Over the years there have been a variety of modular electronic systems allowing the creation of complex circuits by the interconnection of modules containing individual functions. Hexabitz, a selection of interlocking polygonal small PCBs, is just such a system. What can it bring to the table that others haven’t done already?
The problem facing designers of modular electronics is this: all devices have different requirements and interfaces. To allow connection between modules that preserves all these connections requires an ever-increasing complexity in the inter-module connectors, or the application of a little intelligence to the problem. The Hexabitz designers have opted for the latter angle, equipping each module with an STM32 microcontroller that allows it to identify both itself and its function, and to establish a mesh network with other modules in the same connected project. This also gives the system the ability to farm off computing tasks to individual modules rather than relying solely upon a single microcontroller or single-board computer.
An extremely comprehensive array of modules can be had for the system, which lends it some interesting possibilities, however, it suffers from the inherent problem of modular electronic systems, that it is less easy to incorporate non-standard functions. If they can crack a prototyping module coupled with an easy way to tell its microcontroller to identify whatever function is upon it, they might have a winner.
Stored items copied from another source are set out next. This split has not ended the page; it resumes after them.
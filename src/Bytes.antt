-- ===== src/Bytes.antt =====
-- Memory as bytes: a `char` buffer read and written as an array of 32-bit words, least significant
-- byte first, as the casts `(int *) block` and the memcpy of packed structures do.
pub mod Laws
use klee_testfs.Common.{
  ℕ, zero, suc, ◌+◌, ◌*◌, ◌/◌, ◌%◌, ◌<◌, List, [], ◌∷◌, ℤ, u32_of_int, int_of_u32,
}

abbrev pub Bytes : Type 0
Bytes = List ℕ

abbrev pub IsBytes : Bytes → Type 0
IsBytes [] = Unit {0}
IsBytes (b ∷ bs) = (b < 256) × IsBytes bs

unfoldable pub word_of : ℕ → ℕ → ℕ → ℕ → ℕ
word_of a b c d = a + 256 * b + 65536 * c + 16777216 * d

abbrev pub bytes_of : ℕ → Bytes
bytes_of u = u % 256 ∷ u / 256 % 256 ∷ u / 65536 % 256 ∷ u / 16777216 % 256 ∷ []

-- ((unsigned *) bs)[i]; 0 out of range, where no caller reads.
unfoldable pub get_word : Bytes → ℕ → ℕ
get_word (a ∷ b ∷ c ∷ d ∷ rest) zero = word_of a b c d
get_word (a ∷ b ∷ c ∷ d ∷ rest) (suc i) = get_word rest i
get_word _ _ = 0

-- ((unsigned *) bs)[i] = u; nothing out of range, where no caller writes.
unfoldable pub set_word : Bytes → ℕ → ℕ → Bytes
set_word (a ∷ b ∷ c ∷ d ∷ rest) zero u =
    u % 256 ∷ u / 256 % 256 ∷ u / 65536 % 256 ∷ u / 16777216 % 256 ∷ rest
set_word (a ∷ b ∷ c ∷ d ∷ rest) (suc i) u = a ∷ b ∷ c ∷ d ∷ set_word rest i u
set_word bs _ _ = bs

-- The same at type int.
unfoldable pub get_int : Bytes → ℕ → ℤ
get_int bs i = int_of_u32 (get_word bs i)

unfoldable pub set_int : Bytes → ℕ → ℤ → Bytes
set_int bs i z = set_word bs i (u32_of_int z)
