-- ===== src/Bitmap.antt =====
-- bitmap.c: an array of bits in bytes. An operation of the source that may stop at an assertion
-- returns an option (`none`: an assertion fails), or, for bitmap_alloc, a result of its own.
pub mod Bits
pub mod Laws
pub mod Alloc
pub mod Create
use klee_testfs.Common.{
  ℕ, zero, suc, ◌+◌, ◌-◌, ◌*◌, ◌/◌, ◌%◌, ◌^◌, Bool, true, false, not, ◌&&◌, Option, none, some,
  List, [], ◌∷◌, ltb, ◌==◌, if◌then◌else◌, bit_and, bit_or, get_or, set, replicate,
}
use klee_testfs.Bytes.{Bytes}

-- BITS_PER_WORD and WORD_ALLBITS.
abbrev pub bits_per_word : ℕ
bits_per_word = 8

abbrev pub word_allbits : ℕ
word_allbits = 255

-- `v` has DIVROUNDUP(nbits, 8) bytes: see Laws.IsValid.
pub record Bitmap : Type 0 where
  pub nbits : ℕ
  pub v : Bytes

-- DIVROUNDUP(a, b), at u_int32_t.
unfoldable pub div_round_up : ℕ → ℕ → ℕ
div_round_up a b = (a + b - 1) % 2 ^ 32 / b

-- (WORD_TYPE) 1 << offset
abbrev pub mask : ℕ → ℕ
mask offset = 2 ^ offset

-- (w & mask) != 0
unfoldable pub has_bit : ℕ → ℕ → Bool
has_bit w offset = not (bit_and w (mask offset) == 0)

-- w |= mask
unfoldable pub set_bit : ℕ → ℕ → ℕ
set_bit w offset = bit_or w (mask offset)

-- w &= ~mask, at WORD_TYPE
unfoldable pub clear_bit : ℕ → ℕ → ℕ
clear_bit w offset = bit_and w (word_allbits - mask offset)

-- for (j = offset; j < BITS_PER_WORD; j++) v[ix] |= 1 << j, with `left` rounds to go.
unfoldable pub fill_bits : ℕ → ℕ → ℕ → ℕ
fill_bits zero j w = w
fill_bits (suc left) j w = fill_bits left (j + 1) (set_bit w j)

-- bitmap_create, its two allocations granted: bzero, then the leftover bits at the end in use.
unfoldable pub create : ℕ → Option Bitmap
unfolding fill_bits div_round_up
create nbits =
    let words = div_round_up nbits bits_per_word in
    let v = replicate words 0 in
    let ix = words - 1 in
    let overbits = nbits - ix * bits_per_word in
    if ltb (nbits / bits_per_word) words
    then (if (nbits / bits_per_word == ix) && (ltb 0 overbits && ltb overbits bits_per_word)
        then some (record {
          nbits = nbits;
          v = set v ix (fill_bits (bits_per_word - overbits) overbits (get_or v ix 0));
        })
        else none)
    else some (record { nbits = nbits; v = v })

-- Of bitmap_alloc: the index and the new map, -ENOSPC, or a failed assertion.
pub data Allocation : Type 0 where
  allocated : ℕ → Bitmap → Allocation
  no_space : Allocation
  asserted : Allocation

-- The loop over the offsets of one byte, with `left` rounds to go.
unfoldable pub find_clear : ℕ → ℕ → ℕ → Option ℕ
find_clear zero w offset = none
find_clear (suc left) w offset =
    let rest = find_clear left w (offset + 1) in if has_bit w offset then rest else some offset

-- The body for a byte that is not WORD_ALLBITS.
unfoldable pub take_bit : Bitmap → ℕ → Option ℕ → Allocation
take_bit b ix none = asserted
take_bit b ix (some offset) =
    let index = ix * bits_per_word + offset in
    if ltb index b.nbits
    then allocated index (record b { v = set b.v ix (set_bit (get_or b.v ix 0) offset) })
    else asserted

-- The loop over the bytes, with `left` rounds to go.
unfoldable pub alloc_from : ℕ → ℕ → Bitmap → Allocation
unfolding find_clear take_bit
alloc_from zero ix b = no_space
alloc_from (suc left) ix b =
    let rest = alloc_from left (ix + 1) b in
    if get_or b.v ix 0 == word_allbits
    then rest
    else take_bit b ix (find_clear bits_per_word (get_or b.v ix 0) 0)

unfoldable pub alloc : Bitmap → Allocation
unfolding alloc_from div_round_up
alloc b = alloc_from (div_round_up b.nbits bits_per_word) 0 b

unfoldable pub isset : Bitmap → ℕ → Bool
isset b index = has_bit (get_or b.v (index / bits_per_word) 0) (index % bits_per_word)

unfoldable pub mark : Bitmap → ℕ → Option Bitmap
unfolding isset
mark b index =
    let ix = index / bits_per_word in
    if ltb index b.nbits && not (isset b index)
    then some (record b { v = set b.v ix (set_bit (get_or b.v ix 0) (index % bits_per_word)) })
    else none

unfoldable pub unmark : Bitmap → ℕ → Option Bitmap
unfolding isset
unmark b index =
    let ix = index / bits_per_word in
    if ltb index b.nbits && isset b index
    then some (record b { v = set b.v ix (clear_bit (get_or b.v ix 0) (index % bits_per_word)) })
    else none

-- The comparing loop, with `left` rounds to go.
unfoldable pub equal_from : ℕ → ℕ → Bitmap → Bitmap → Bool
equal_from zero ix a b = true
equal_from (suc left) ix a b =
    let rest = equal_from left (ix + 1) a b in
    if get_or a.v ix 0 == get_or b.v ix 0 then rest else false

unfoldable pub equal : Bitmap → Bitmap → Bool
unfolding equal_from div_round_up
equal a b =
    if a.nbits == b.nbits then equal_from (div_round_up b.nbits bits_per_word) 0 a b else false

-- The counting loop, with `left` rounds to go.
unfoldable pub count_from : ℕ → ℕ → ℕ → Bitmap → ℕ
count_from zero i nr b = nr
count_from (suc left) i nr b = count_from left (i + 1) (if isset b i then nr + 1 else nr) b

unfoldable pub nr_allocated : Bitmap → ℕ
unfolding count_from isset
nr_allocated b = count_from b.nbits 0 0 b
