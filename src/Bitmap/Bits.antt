-- ===== src/Bitmap/Bits.antt =====
-- The bits of one byte, from tables over all bytes and offsets.
use klee_testfs.Common.{
  ℕ, zero, suc, ◌+◌, ◌≤◌, ◌<◌, ◌≡◌, refl, Bool, true, false, not, ◌||◌, none, some, arith, ltb,
  ◌==◌, ==_iff, if◌then◌else◌, ltb→lt,
}
use klee_testfs.Bitmap.{has_bit, set_bit, clear_bit, find_clear}

-- Whether every number below `limit` passes the test: the tables below are evaluated.
passes_below : ℕ → (ℕ → Bool) → Bool
passes_below (suc last) test = if test last then passes_below last test else false
passes_below zero test = true

passes_below_entry :
    (limit : ℕ) (test : ℕ → Bool) (i : ℕ)
    → passes_below limit test ≡ true
    → i < limit
    → test i ≡ true
unfolding passes_below
passes_below_entry (suc last) test i passed inside = ground (arith, passes_below_entry last test i)
passes_below_entry zero test i passed inside = absurd (omega arith)

-- A test of a byte and an offset that holds throughout.
bits_sound :
    (p : ℕ → ℕ → Bool)
    → passes_below 256 (λ w. passes_below 8 (λ o. p w o)) ≡ true
    → (w o : ℕ) → w < 256
    → o < 8
    → p w o ≡ true
bits_sound p h w o hw ho =
    passes_below_entry 8 (p w) o (passes_below_entry 256 (λ w. passes_below 8 (λ o. p w o)) w h hw)
      ho

abbrev same : Bool → Bool → Bool
same true b = b
same false b = not b

same→eq : (a b : Bool) → same a b ≡ true → a ≡ b
same→eq true true h = refl
same→eq true false h = cc
same→eq false true h = cc
same→eq false false h = refl

set_bit_table : passes_below 256 (λ w. passes_below 8 (λ o. ltb (set_bit w o) 256)) ≡ true
unfolding passes_below set_bit
set_bit_table = refl

pub set_bit-lt : (w o : ℕ) → w < 256 → o < 8 → set_bit w o < 256
set_bit-lt w o hw ho =
    ltb→lt _ 256 (bits_sound (λ w o. ltb (set_bit w o) 256) set_bit_table w o hw ho)

clear_bit_table : passes_below 256 (λ w. passes_below 8 (λ o. ltb (clear_bit w o) 256)) ≡ true
unfolding passes_below clear_bit
clear_bit_table = refl

pub clear_bit-lt : (w o : ℕ) → w < 256 → o < 8 → clear_bit w o < 256
clear_bit-lt w o hw ho =
    ltb→lt _ 256 (bits_sound (λ w o. ltb (clear_bit w o) 256) clear_bit_table w o hw ho)

-- What bit `p` is, after bit `o` is set.
abbrev after_set : ℕ → ℕ → ℕ → Bool
after_set p w o = same (has_bit (set_bit w o) p) (if o == p then true else has_bit w p)

after_set_table :
    passes_below 8 (λ p. passes_below 256 (λ w. passes_below 8 (λ o. after_set p w o))) ≡ true
unfolding passes_below has_bit set_bit
after_set_table = refl

pub has_bit-set_bit :
    (w o p : ℕ)
    → w < 256
    → o < 8
    → p < 8
    → has_bit (set_bit w o) p ≡ (if o == p then true else has_bit w p)
has_bit-set_bit w o p hw ho hp = same→eq _ _ (
    bits_sound (after_set p)
      (passes_below_entry 8 (λ p. passes_below 256 (λ w. passes_below 8 (λ o. after_set p w o))) p
        after_set_table hp)
      w o hw ho)

abbrev after_clear : ℕ → ℕ → ℕ → Bool
after_clear p w o = same (has_bit (clear_bit w o) p) (if o == p then false else has_bit w p)

after_clear_table :
    passes_below 8 (λ p. passes_below 256 (λ w. passes_below 8 (λ o. after_clear p w o))) ≡ true
unfolding passes_below has_bit clear_bit
after_clear_table = refl

pub has_bit-clear_bit :
    (w o p : ℕ)
    → w < 256
    → o < 8
    → p < 8
    → has_bit (clear_bit w o) p ≡ (if o == p then false else has_bit w p)
has_bit-clear_bit w o p hw ho hp = same→eq _ _ (
    bits_sound (after_clear p)
      (passes_below_entry 8 (λ p. passes_below 256 (λ w. passes_below 8 (λ o. after_clear p w o))) p
        after_clear_table hp)
      w o hw ho)

clear-set_table :
    passes_below 256 (λ w. passes_below 8 (λ o. has_bit w o || (clear_bit (set_bit w o) o == w)))
    ≡ true
unfolding passes_below has_bit clear_bit set_bit
clear-set_table = refl

-- Setting a clear bit and clearing it again changes nothing.
pub clear_bit-set_bit :
    (w o : ℕ) → w < 256 → o < 8 → has_bit w o ≡ false → clear_bit (set_bit w o) o ≡ w
clear_bit-set_bit w o hw ho clear = ground (
  arith,
  bits_sound (λ w o. has_bit w o || (clear_bit (set_bit w o) o == w)) clear-set_table w o hw ho,
)

set-clear_table :
    passes_below 256
      (λ w. passes_below 8 (λ o. not (has_bit w o) || (set_bit (clear_bit w o) o == w)))
    ≡ true
unfolding passes_below has_bit clear_bit set_bit
set-clear_table = refl

pub set_bit-clear_bit :
    (w o : ℕ) → w < 256 → o < 8 → has_bit w o ≡ true → set_bit (clear_bit w o) o ≡ w
set_bit-clear_bit w o hw ho marked = ground (
  arith,
  bits_sound (λ w o. not (has_bit w o) || (set_bit (clear_bit w o) o == w)) set-clear_table w o hw
      ho,
)

-- A byte from its bits.
abbrev digit : Bool → ℕ → ℕ
digit b n = if b then n else 0

abbrev of_bits : (ℕ → Bool) → ℕ
of_bits f =
    digit (f 0) 1
    + digit (f 1) 2
    + digit (f 2) 4
    + digit (f 3) 8
    + digit (f 4) 16
    + digit (f 5) 32
    + digit (f 6) 64
    + digit (f 7) 128

of_bits_table : passes_below 256 (λ w. of_bits (has_bit w) == w) ≡ true
unfolding passes_below has_bit
of_bits_table = refl

pub of_bits-has_bit : (w : ℕ) → w < 256 → of_bits (has_bit w) ≡ w
of_bits-has_bit w h = (==_iff _ w).0 (passes_below_entry 256 _ w of_bits_table h)

-- Bytes with the same bits are equal.
pub byte_ext : (w u : ℕ) → w < 256 → u < 256 → ((o : ℕ) → o < 8 → has_bit w o ≡ has_bit u o) → w ≡ u
byte_ext w u hw hu same = omega (arith, of_bits-has_bit w hw, of_bits-has_bit u hu, equal_digits)
  where
    equal_digits : of_bits (has_bit w) ≡ of_bits (has_bit u)
    equal_digits = rw (
      same 0 (omega arith),
      same 1 (omega arith),
      same 2 (omega arith),
      same 3 (omega arith),
      same 4 (omega arith),
      same 5 (omega arith),
      same 6 (omega arith),
      same 7 (omega arith),
    )

-- The lowest clear bit of a byte, where the scan finds it.
pub find_clear_sound :
    (left w offset o : ℕ)
    → find_clear left w offset ≡ some o
    → (offset ≤ o) × (o < offset + left) × (has_bit w o ≡ false)
unfolding find_clear
find_clear_sound zero w offset o h = absurd (cc)
find_clear_sound (suc left) w offset o h = ground (arith, find_clear_sound left w (offset + 1) o)

pub find_clear_below :
    (left w offset o p : ℕ)
    → find_clear left w offset ≡ some o
    → offset ≤ p
    → p < o
    → has_bit w p ≡ true
unfolding find_clear
find_clear_below zero w offset o p h lo hi = absurd (cc)
find_clear_below (suc left) w offset o p h lo hi =
    ground (arith, find_clear_below left w (offset + 1) o p)

full_or_clear_table :
    passes_below 256 (λ w. (w == 255) || elim (find_clear 8 w 0) [ none ↦ false | some o ↦ true ])
    ≡ true
unfolding passes_below has_bit find_clear
full_or_clear_table = refl

-- A byte other than 0xff has a clear bit, so the scan never falls through.
pub find_clear-ne-none : (w : ℕ) → w < 256 → (w == 255) ≡ false → find_clear 8 w 0 ≡ none → ⊥
find_clear-ne-none w h ne e = ground (
  arith,
  passes_below_entry 256
      (λ w. (w == 255) || elim (find_clear 8 w 0) [ none ↦ false | some o ↦ true ]) w
      full_or_clear_table h,
)

all_set_table : passes_below 8 (λ o. has_bit 255 o) ≡ true
unfolding passes_below has_bit
all_set_table = refl

pub has_bit-allbits : (o : ℕ) → o < 8 → has_bit 255 o ≡ true
has_bit-allbits o h = passes_below_entry 8 (has_bit 255) o all_set_table h

zero_table : passes_below 8 (λ o. not (has_bit 0 o)) ≡ true
unfolding passes_below has_bit
zero_table = refl

pub has_bit-zero : (o : ℕ) → o < 8 → has_bit 0 o ≡ false
has_bit-zero o h = ground (arith, passes_below_entry 8 (λ o. not (has_bit 0 o)) o zero_table h)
[Ekawahyu Susilo]’s twist on the modular circuit kit, SnapBloks helps you create circuits by stacking components on top of each other with the help of three magnetic contacts that not only keep the modules stuck together but also deliver power, ground, and data to each part.
[Ekawahyu] envisioned it as a prototyping kit, used to whip together an idea without a lot of hassle. It could also be an educational aid, used to teach Arduino coding while skipping the confusing tangle of wiring. You can stack a sound module on top of a power module to make a buzzer, or attach power to a wheel Blok to make a robot.
With version 2 of the project [Ekawahyu] updated the look with color-coded shells, with pink signifying input Bloks, green for output, orange for communication, and blue for power. Each Blok has a Arduino chip inside — an STM32, which Hackaday reviewed back in March. For version three, he hopes to leverage the ESP8266 to make a WiFi-enabled Blok. [Ekawahyu]’s idea of having a cheap SMD Arduino in every module seems like a smart way to simplify module creation—no “controller block” needed!